Since Tinker, however, the federal courts have not only stripped students of their free speech rights at the schoolhouse gate, they also have done so at their bedroom doors. Federal courts have upheld a series of cases where school officials have punished students for statements that they make outside school on social media. The current members of the Supreme Court have fueled this rollback in their own controversial decisions.

What is most disturbing about last week’s decision is that the court entirely misses the distinction between speech and conduct. When presented with threats of violence, the school should punish those who engage in harassing or violent acts. Indeed, the court described an earlier confrontation when some students raised an American flag on Cinco de Mayo and “one Mexican student shouted ‘f*** them white boys. … Let’s f*** them up.'” One would have thought that those who made threats would face action from the school administration. Removing any display of the flag in the face of violence is akin to removing gay students to avoid harassment or girls to avoid sexual assaults.

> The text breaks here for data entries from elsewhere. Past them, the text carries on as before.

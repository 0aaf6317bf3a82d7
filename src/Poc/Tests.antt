-- ===== src/Poc/Tests.antt =====
-- Runs of the loops.
use libnebula.Prelude.{ℕ, ◌%◌, ◌≡◌, refl, Option, none, some}
use libnebula.Mutex.Noting.{noting, noting-Excludes, take_free}
use libnebula.Poc.{swap_loop, mutex_loop, evaluate_pthread_mutex, main}
use libnebula.Poc.Loops.{evaluate_pthread_mutex_lem}

evaluate_pthread_mutex_lem_example :
    (m : Option ℕ) × (mutex_loop noting 4 3 0 noting.init ≡ some m)
    × (3 % 2 ≡ 0 → (noting.owner m ≡ none) × (main noting 4 3 ≡ some (0, 0, (noting.unlock 4 m).1)))
    × (3 % 2 ≡ 1 → (noting.owner m ≡ some 4) × (main noting 4 3 ≡ some (1, 1, m)))
evaluate_pthread_mutex_lem_example = evaluate_pthread_mutex_lem noting noting-Excludes 4 3

-- After an odd number of rounds the mutex is still locked.
main_test : main noting 4 5 ≡ some (1, 1, some 4)
unfolding main evaluate_pthread_mutex mutex_loop swap_loop take_free
main_test = refl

Our high schools should be training future citizens to live within a pluralistic society. Instead, Live Oak High is teaching students that it is the speech, not those who threaten the speakers, that is the problem. Citizens shaped in such an environment are likely to view speech as a discretionary privilege allowed by our government rather than an individual right guaranteed in our Constitution.

Ironically, the flag is the very symbol of a nation of differing faiths, cultures and races bound by liberty. Perhaps the school was right: If you are going to deny free speech, it is the last thing you want to see.

Jonathan Turley, a George Washington University law professor, is a member of USA TODAY’s Board of Contributors.

March 3, 2014

44 thoughts on “An Inconvenient Symbol: Why The Flag Decision Flies In The Face Of Our Core Values

  1. Didn’t you get the memo, raff. PC trumps the Constitution now. At least in the PC cabal. And Mr. Turley, you are going to get a lot of hatred for writing this courageous piece. Kudos.

  2. Something seems to be going wildly off the tracks when officials support those who threaten violence by suppressing the free speech rights of others.

    I will be interested to see how this develops if it makes it to the supreme court.

  3. I said it before in a prior post, I will say it again (Prof Turley take note for your future analysis’):

    This treatment of deference to school administrators is identical to the jurisprudence the courts have given in deference to prison administrators.

    The logic, the analysis and the presumption of overarching delegation to the administrators of ad hoc interpretation of Constitutional rights is the same.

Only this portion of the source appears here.